Leveraging AI to combat cyber fraud

Instead of being a subset of financial crime, banking fraud now coexists with ransomware, phishing, and other types of cybercrime. Fraudsters are functioning methodically, getting more skilled at spotting loopholes in the automated systems that financial institutions are putting in place, and getting better at learning through repetition.

For example, banks and mortgage lenders have started to link more of their fraud charges to the fact that their clients are doing more transactions using mobile banking apps. According to a LexisNexis survey, more than half of the respondents who worked for US banks and credit lenders say that mobile channel fraud has increased by 10% or more this year.

Today’s fraudsters collaborate with criminal gangs that provide crime as a service. As a result, frauds and forgeries become increasingly sophisticated, making them impossible for humans to detect without artificial intelligence (AI) to support their decision-making.

Decentralized currencies are at the center of attacks

Meanwhile, cryptocurrency has become a primary target of cyberattacks. Huge sums of money are frequently present on cryptocurrency exchanges and wallets, making them a powerful attraction for attackers trying to make money from their attacks.

These are sometimes straightforward social engineering attacks, and other times they are far more sophisticated technically. We expect to see more cyberattacks on decentralized currencies given the amount of money that can be stolen in a single successful attack (possibly reaching millions of dollars).

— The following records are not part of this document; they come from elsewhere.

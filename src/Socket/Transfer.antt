-- ===== src/Socket/Transfer.antt =====
-- What `__socket_rwv` moves.
use lz_lib.Base.{
  ◌≢◌, ℕ, zero, suc, ◌+◌, ◌-◌, ◌<◌, ◌≤◌, ◌≡◌, ◌⊎◌, inl, inr, refl, sym, ap, subst, ◌∙◌, Bool, true,
  false, List, [], ◌∷◌, ◌++◌, All, length, take, drop, ◌==◌, Run, ok, arith, Bool-cases,
}
use lz_lib.Base.Int.{ℤ, pos, negsuc}
use lz_lib.ListHead.Seg.{NoDup}
use lz_lib.Socket.{
  Iov, Reply, moved, failed, eintr, eagain, Rwv, broken, paused, after_call, socket_rwv,
}
use lz_lib.Socket.Vec.{addresses, advance-addresses}

pub NoDup-drop : (n : ℕ) (xs : List ℕ) → NoDup xs → NoDup (drop n xs)
NoDup-drop zero xs d = d
NoDup-drop (suc n) [] d = d
NoDup-drop (suc n) (x ∷ xs) d = NoDup-drop n xs d.1

All-take : (P : ℕ → Type 0) (n : ℕ) (xs : List ℕ) → All P xs → All P (take n xs)
All-take P zero xs h = tt
All-take P (suc n) [] h = tt
All-take P (suc n) (x ∷ xs) h = (h.0, All-take P n xs h.1)

pub NoDup-take : (n : ℕ) (xs : List ℕ) → NoDup xs → NoDup (take n xs)
NoDup-take zero xs d = tt
NoDup-take (suc n) [] d = tt
NoDup-take (suc n) (x ∷ xs) d = (All-take (λ y. y ≢ x) n xs d.0, NoDup-take n xs d.1)

pub length-drop : {A : Type 0} (n : ℕ) (xs : List A) → length (drop n xs) ≡ length xs - n
length-drop zero xs = omega arith
length-drop (suc n) [] = omega arith
length-drop (suc n) (x ∷ xs) = length-drop n xs ∙ omega arith

take_nil : {A : Type 0} (n : ℕ) → ◌≡◌ {A = List A} (take n []) []
take_nil zero = refl
take_nil (suc n) = refl

drop_nil : {A : Type 0} (n : ℕ) → ◌≡◌ {A = List A} (drop n []) []
drop_nil zero = refl
drop_nil (suc n) = refl

pub take-add :
    {A : Type 0} (m n : ℕ) (xs : List A) → take (m + n) xs ≡ take m xs ++ take n (drop m xs)
take-add zero n xs = ap (λ k. take k xs) (omega arith)
take-add (suc m) n [] = rw (take_nil (suc m + n), take_nil n) refl
take-add (suc m) n (x ∷ xs) =
    let e : suc m + n ≡ suc (m + n) = omega arith in rw e (ap (λ t. x ∷ t) (take-add m n xs))

pub drop-add : {A : Type 0} (m n : ℕ) (xs : List A) → drop (m + n) xs ≡ drop n (drop m xs)
drop-add zero n xs = ap (λ k. drop k xs) (omega arith)
drop-add (suc m) n [] = rw (drop_nil (suc m + n), drop_nil n) refl
drop-add (suc m) n (x ∷ xs) =
    let e : suc m + n ≡ suc (m + n) = omega arith in rw e (drop-add m n xs)

none_pending : (vec : List Iov) → 0 ≡ length vec → addresses vec ≡ []
none_pending [] e = refl
none_pending (v ∷ vs) e = absurd (omega (arith, e))

-- With the value 0 no byte is left.
pub all_moved :
    (vec : List Iov) (ret : ℤ)
    → (ret ≡ negsuc 0) ⊎ (ret ≡ pos (length vec))
    → ret ≡ pos 0
    → addresses vec ≡ []
all_moved vec ret (inl f) z = absurd (cc)
all_moved vec ret (inr f) z = none_pending vec (ground (arith, z, f))

-- `Moves xs w w'`: between two worlds bytes went to or from the addresses `xs`, in this order.
module _ {World : Type 0} (Moves : List ℕ → World → World → Type 0) (interrupts : World → ℕ) where
  -- A single call: it moves bytes of the front of its blocks, or fails and moves none. `interrupts` bounds how often
  -- signals may still interrupt one.
  abbrev pub Step : List ℕ → World → Reply → World → Type 0
  Step xs w (moved n) w' = (n ≤ length xs) × Moves (take n xs) w w' × (interrupts w' ≤ interrupts w)
  Step xs w (failed e) w' =
      Moves [] w w' × (interrupts w' ≤ interrupts w) × (e ≡ eintr → interrupts w' < interrupts w)

  pub record Transfers (call : World → List Iov → Reply × World) : Type 0 where
    pub none : (w : World) → Moves [] w w
    pub both :
        (xs ys : List ℕ) (u v w : World)
        → NoDup (xs ++ ys)
        → Moves xs u v
        → Moves ys v w
        → Moves (xs ++ ys) u w
    pub step :
        (w : World) (vec : List Iov)
        → NoDup (addresses vec)
        → Step (addresses vec) w (call w vec).0 (call w vec).1

  -- How `__socket_rwv` ends: k bytes are moved, the vector left is the one behind them, and the return value is the
  -- number of blocks left, or -1.
  pub record Ends (vec : List Iov) (w : World) (r : Rwv World) : Type 0 where
    pub count : ℕ
    pub inside : count ≤ length (addresses vec)
    pub left : addresses r.pending ≡ drop count (addresses vec)
    pub moves : Moves (take count (addresses vec)) w r.world
    pub value : (r.ret ≡ negsuc 0) ⊎ (r.ret ≡ pos (length r.pending))
    pub calm : interrupts r.world ≤ interrupts w

  module _ (call : World → List Iov → Reply × World) (law : Transfers call) where
    none_moved :
        (vec : List Iov) (w w' : World) (ret : ℤ) (errno : ℕ)
        → Moves [] w w'
        → interrupts w' ≤ interrupts w
        → (ret ≡ negsuc 0) ⊎ (ret ≡ pos (length vec))
        → Ends vec w (record { ret = ret; pending = vec; errno = errno; world = w' })
    none_moved vec w w' ret errno m i v = record {
      count = 0;
      inside = omega arith;
      left = refl;
      moves = m;
      value = v;
      calm = i;
    }

    -- Behind n bytes, the rest of the rounds.
    then-Ends :
        (vec vec' : List Iov) (w w' : World) (n : ℕ) (r : Rwv World)
        → NoDup (addresses vec)
        → n ≤ length (addresses vec)
        → addresses vec' ≡ drop n (addresses vec)
        → Moves (take n (addresses vec)) w w'
        → interrupts w' ≤ interrupts w
        → Ends vec' w' r
        → Ends vec w r
    then-Ends vec vec' w w' n r d k at m i e =
        let xs = addresses vec in
        let len : length (addresses vec') ≡ length xs - n = ap length at ∙ length-drop n xs in
        record {
          count = n + e.count;
          inside = omega (arith, e.inside, len);
          left = e.left ∙ ap (drop e.count) at ∙ sym (drop-add n e.count xs);
          moves =
              subst (λ ys. Moves ys w r.world) (sym (take-add n e.count xs))
                (law.both (take n xs) (take e.count (drop n xs)) w w' r.world
                  (subst NoDup (take-add n e.count xs) (NoDup-take (n + e.count) xs d)) m
                  (subst (λ ys. Moves (take e.count ys) w' r.world) at e.moves));
          value = e.value;
          calm = omega (arith, e.calm);
        }

    after_call-Ends :
        (rounds : List Iov → World → Run (Rwv World)) (fuel : ℕ) (write : Bool) (vec : List Iov)
        (w : World) (reply : Reply) (w' : World)
        → ((vec' : List Iov) (w' : World)
            → NoDup (addresses vec')
            → length (addresses vec') + interrupts w' < fuel
            → (r : Rwv World) × (rounds vec' w' ≡ ok r) × Ends vec' w' r)
        → NoDup (addresses vec)
        → length (addresses vec) + interrupts w < suc fuel
        → Step (addresses vec) w reply w'
        → (r : Rwv World) × (after_call call rounds write vec reply w' ≡ ok r) × Ends vec w r
    unfolding after_call paused broken
    after_call-Ends rounds fuel true vec w (moved zero) w' ih d b s =
        (paused call 0 vec w', refl, none_moved vec w w' (pos (length vec)) 0 s.1 s.2 (inr refl))
    after_call-Ends rounds fuel false vec w (moved zero) w' ih d b s =
        (broken call 107 vec w', refl, none_moved vec w w' (negsuc 0) 107 s.1 s.2 (inl refl))
    after_call-Ends rounds fuel write vec w (moved (suc n)) w' ih d b s =
        let (vec', run, at, lively) = advance-addresses (suc n) vec (omega arith) s.0 in
        let len : length (addresses vec') ≡ length (addresses vec) - suc n =
          ap length at ∙ length-drop (suc n) (addresses vec) in
        let (r, go, ends) =
          ih vec' w' (subst NoDup (sym at) (NoDup-drop (suc n) (addresses vec) d))
            (omega (arith, len, s.0, s.2)) in
        (r, rw run go, then-Ends vec vec' w w' (suc n) r d s.0 at s.1 s.2 ends)
    after_call-Ends rounds fuel write vec w (failed e) w' ih d b s =
        elim (Bool-cases (e == eagain)) [
          | inl t ↦ (
            paused call e vec w',
            rw t refl,
            none_moved vec w w' (pos (length vec)) e s.0 s.1 (inr refl),
          )
          | inr f ↦ elim (Bool-cases (e == eintr)) [
            | inl t ↦
                let same : e ≡ eintr = ground arith in
                let (r, go, ends) = ih vec w' d (omega (arith, s.2 same)) in
                (r, rw (f, t) go, then-Ends vec vec w w' 0 r d (omega arith) refl s.0 s.1 ends)
            | inr g ↦ (
              broken call e vec w',
              rw (f, g) refl,
              none_moved vec w w' (negsuc 0) e s.0 s.1 (inl refl),
            )
          ]
        ]

    -- On blocks that cover no address twice, with a system call that moves bytes of the front of its blocks or fails and
    -- moves none, and with a round for each byte, one for each interrupt and one more: `__socket_rwv` returns, it has
    -- moved a front part of the bytes in order, the pending vector covers just the rest, and its value is -1 or the
    -- number of pending blocks.
    pub socket_rwv-Ends :
        (fuel : ℕ) (write : Bool) (vec : List Iov) (w : World)
        → NoDup (addresses vec)
        → length (addresses vec) + interrupts w < fuel
        → (r : Rwv World) × (socket_rwv call fuel write vec w ≡ ok r) × Ends vec w r
    unfolding socket_rwv paused
    socket_rwv-Ends zero write vec w d b = absurd (omega arith)
    socket_rwv-Ends (suc fuel) write [] w d b = (
      paused call 0 [] w,
      refl,
      none_moved [] w w (pos 0) 0 (law.none w) (omega arith) (inr refl),
    )
    socket_rwv-Ends (suc fuel) write (v ∷ vs) w d b =
        after_call-Ends (socket_rwv call fuel write) fuel write (v ∷ vs) w (call w (v ∷ vs)).0
          (call w (v ∷ vs)).1 (λ vec' w' e c. socket_rwv-Ends fuel write vec' w' e c) d b
          (law.step w (v ∷ vs) d)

For example, in December 2021 criminals stole nearly $200 million from the crypto trading platform Bitmart.

However, we should anticipate law enforcement and governments to become more actively involved in both the investigation of cryptocurrency assaults and the use of cryptocurrency vulnerabilities. For example, government agencies like the Securities Exchange Commission (SEC) and Commodity Futures Trading Commission (CFTC) may try to regulate cryptocurrencies more strictly as they regulate traditional currencies.

Attacks bypassing MFA

Although multi-factor authentication is a prerequisite for enabling strong customer authentication, the latest attacks against Cisco and Uber have profoundly demonstrated that fraudsters can bypass MFA. Using sophisticated tactics and tools like auto-diallers, criminals have managed to intercept one-time passwords (OTP) and compromise banking accounts. Automating the process and creating what is known as MFA fatigue they force customers to give up OTPs to malicious bots.

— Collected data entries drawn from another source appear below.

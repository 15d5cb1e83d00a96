-- ===== src/Socket/Streams.antt =====
-- Bytes between memory and the two directions of a connection.
use lz_lib.Base.{everywhere, ℕ, ◌≡◌, ◌≢◌, refl, sym, ap, ◌∙◌, List, [], ◌∷◌, ◌++◌, All, map}
use mathlib.Core.List.{append_assoc, append-nil}
use lz_lib.ListHead.Seg.{NoDup, All-back, All-front}
use lz_lib.Socket.{Iov, Reply}
use lz_lib.Socket.Vec.{addresses}
use lz_lib.Socket.Transfer.{Step, Transfers}

pub map-append : (f : ℕ → ℕ) (xs ys : List ℕ) → map f (xs ++ ys) ≡ map f xs ++ map f ys
map-append f [] ys = refl
map-append f (x ∷ xs) ys = ap (λ t. f x ∷ t) (map-append f xs ys)

-- No address of the one list is one of the other.
abbrev pub Disjoint : List ℕ → List ℕ → Type 0
Disjoint xs ys = All (λ x. All (λ y. y ≢ x) ys) xs

pub NoDup-Disjoint : (xs ys : List ℕ) → NoDup (xs ++ ys) → Disjoint xs ys
NoDup-Disjoint [] ys d = tt
NoDup-Disjoint (x ∷ xs) ys d = (All-back (λ y. y ≢ x) xs ys d.0, NoDup-Disjoint xs ys d.1)

pub map_same : (f g : ℕ → ℕ) (xs : List ℕ) → All (λ x. f x ≡ g x) xs → map f xs ≡ map g xs
map_same f g [] h = refl
map_same f g (x ∷ xs) h = cc (h.0, map_same f g xs h.1)

module _ {World : Type 0} (mem : World → ℕ → ℕ) where
  module _ (in_flight : World → List ℕ) where
    -- The bytes that come next are put at `xs`, and no other address changes.
    pub record Reads (xs : List ℕ) (w w' : World) : Type 0 where
      pub taken : in_flight w ≡ map (mem w') xs ++ in_flight w'
      pub frame : (a : ℕ) → All (λ x. x ≢ a) xs → mem w' a ≡ mem w a

    pub Reads-kept :
        (xs ys : List ℕ) (w w' : World)
        → Reads ys w w'
        → Disjoint xs ys
        → map (mem w') xs ≡ map (mem w) xs
    Reads-kept [] ys w w' r d = refl
    Reads-kept (x ∷ xs) ys w w' r d = cc (r.frame x d.0, Reads-kept xs ys w w' r d.1)

    pub Reads-Transfers :
        (interrupts : World → ℕ) (call : World → List Iov → Reply × World)
        → ((w : World) (vec : List Iov)
            → NoDup (addresses vec)
            → Step Reads interrupts (addresses vec) w (call w vec).0 (call w vec).1)
        → Transfers Reads interrupts call
    Reads-Transfers interrupts call law = record {
      none = λ w. record { taken = refl; frame = λ a h. refl };
      both = λ xs ys u v w d r s. record {
        taken =
            r.taken
            ∙ ap (λ t. map (mem v) xs ++ t) s.taken
            ∙ ap (λ t. t ++ (map (mem w) ys ++ in_flight w))
                (sym (Reads-kept xs ys v w s (NoDup-Disjoint xs ys d)))
            ∙ sym (
                ap (λ t. t ++ in_flight w) (map-append (mem w) xs ys)
                ∙ append_assoc (map (mem w) xs) (map (mem w) ys) (in_flight w));
        frame = λ a h.
            s.frame a (All-back (λ x. x ≢ a) xs ys h) ∙ r.frame a (All-front (λ x. x ≢ a) xs ys h);
      };
      step = law;
    }

  module _ (sent : World → List ℕ) where
    -- The bytes at `xs` are sent, and no address changes.
    pub record Writes (xs : List ℕ) (w w' : World) : Type 0 where
      pub given : sent w' ≡ sent w ++ map (mem w) xs
      pub frame : (a : ℕ) → mem w' a ≡ mem w a

    pub Writes-Transfers :
        (interrupts : World → ℕ) (call : World → List Iov → Reply × World)
        → ((w : World) (vec : List Iov)
            → NoDup (addresses vec)
            → Step Writes interrupts (addresses vec) w (call w vec).0 (call w vec).1)
        → Transfers Writes interrupts call
    Writes-Transfers interrupts call law = record {
      none = λ w. record { given = sym (append-nil (sent w)); frame = λ a. refl };
      both = λ xs ys u v w d r s. record {
        given =
            s.given
            ∙ ap (λ t. t ++ map (mem v) ys) r.given
            ∙ append_assoc (sent u) (map (mem u) xs) (map (mem v) ys)
            ∙ ap (λ t. sent u ++ (map (mem u) xs ++ t))
                (map_same (mem v) (mem u) ys (everywhere (λ a. r.frame a) ys))
            ∙ ap (λ t. sent u ++ t) (sym (map-append (mem u) xs ys));
        frame = λ a. s.frame a ∙ r.frame a;
      };
      step = law;
    }
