-- ===== src/Socket/Proto/Sound.antt =====
-- What holds of a message while it comes in.
use lz_lib.Base.{ℕ, ◌≤◌, ◌≡◌, none, some, List, ◌++◌, map, take, drop, ◌==◌, if◌then◌else◌}
use lz_lib.ListHead.Seg.{NoDup}
use lz_lib.Socket.{Iov}
use lz_lib.Socket.Vec.{range, addresses}
use lz_lib.Socket.Transfer.{Step}
use lz_lib.Socket.Streams.{Reads}
use lz_lib.Socket.Proto.{
  Proto, nada, header_coming, header_came, data_coming, data_came, complete, Incoming, Ops,
  header_size,
}

-- Where the data go.
abbrev pub places : Incoming → ℕ → ℕ → List ℕ
places i l p = range i.hdr_p l ++ range i.buf_p p

module _ {World : Type 0} (ops : Ops World) (in_flight : World → List ℕ)
    (interrupts : World → ℕ) where
  abbrev pub header_places : List ℕ
  header_places = range ops.header_at header_size

  abbrev pub stored : World → List ℕ → List ℕ
  stored w xs = map (ops.mem w) xs

  -- What the transport relies on: `readv` takes the bytes in flight in order; `malloc` and `iobuf_get` leave them alone, and
  -- give memory that nothing else uses. A buffer holds the largest size that a header may name.
  pub record Serves : Type 0 where
    pub readv :
        (w : World) (vec : List Iov)
        → NoDup (addresses vec)
        → Step
            (Reads ops.mem in_flight)
            interrupts
            (addresses vec)
            w
            (ops.readv w vec).0
            (ops.readv w vec).1
    pub malloc :
        (w : World) (n : ℕ)
        → (in_flight (ops.malloc w n).1 ≡ in_flight w)
          × (interrupts (ops.malloc w n).1 ≤ interrupts w)
          × (stored (ops.malloc w n).1 header_places ≡ stored w header_places)
    pub iobuf_get :
        (w w' : World) (n b m : ℕ)
        → ops.iobuf_get (ops.malloc w n).1 ≡ some (b, w')
        → m ≤ 131072
        → (in_flight w' ≡ in_flight w)
          × (interrupts w' ≤ interrupts w)
          × NoDup (range (ops.malloc w n).0 n ++ range b m)

  -- A message of sizes l and p, of which `header` and then `body` were in flight.
  module _ (header body : List ℕ) (l p : ℕ) where
    abbrev pub Placed : Incoming → Type 0
    Placed i = (i.hdrlen ≡ l) × (i.buflen ≡ p) × (i.iobuf ≡ (if p == 0 then none else some i.buf_p))

    -- By state: what has come is in its place, and the rest is in flight.
    abbrev pub Sound : Proto → Incoming → World → Type 0
    Sound nada i w = (i.iobuf ≡ none) × (in_flight w ≡ header ++ body)
    Sound header_coming i w =
        (i.iobuf ≡ none)
        × ((k : ℕ) × (addresses i.pending_vector ≡ drop k header_places)
            × (stored w (take k header_places) ++ in_flight w ≡ header ++ body))
    Sound header_came i w =
        (i.iobuf ≡ none) × (stored w header_places ++ in_flight w ≡ header ++ body)
    Sound data_coming i w =
        Placed i
        × NoDup (places i l p)
        × ((k : ℕ) × (addresses i.pending_vector ≡ drop k (places i l p))
            × (stored w (take k (places i l p)) ++ in_flight w ≡ body))
    Sound data_came i w = Placed i × (stored w (places i l p) ++ in_flight w ≡ body)
    Sound complete i w = Placed i × (stored w (places i l p) ++ in_flight w ≡ body)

OTP interception is now trivial compared to what it has been historically, and that innovation fundamentally shifts the economics in the favor of the attackers. The LexisNexis report highlighted this concern saying that balancing fraud detection with customer friction is a top challenge for banks. Banks need to embrace phishing-resistant MFA methods that eliminate the risk of being defrauded while offering a superb customer experience for all possible use cases and authentication journeys.

A bigger attack surface and higher attack sophistication levels are a result of the rising use of complicated technologies and interaction with third-party systems. Today, maintaining a strong cybersecurity posture entails more than merely defending sensitive systems and data from damaging external attacks. Additionally, it entails better data privacy, identity protection, and vulnerability management. Banks and financial institutions can outsource part of the burden of staying compliant with regulations and securing customer financial data by partnering with a trusted managed services provider. These companies aggregate experience and expertise to help banking institutions stay one step ahead of their adversaries.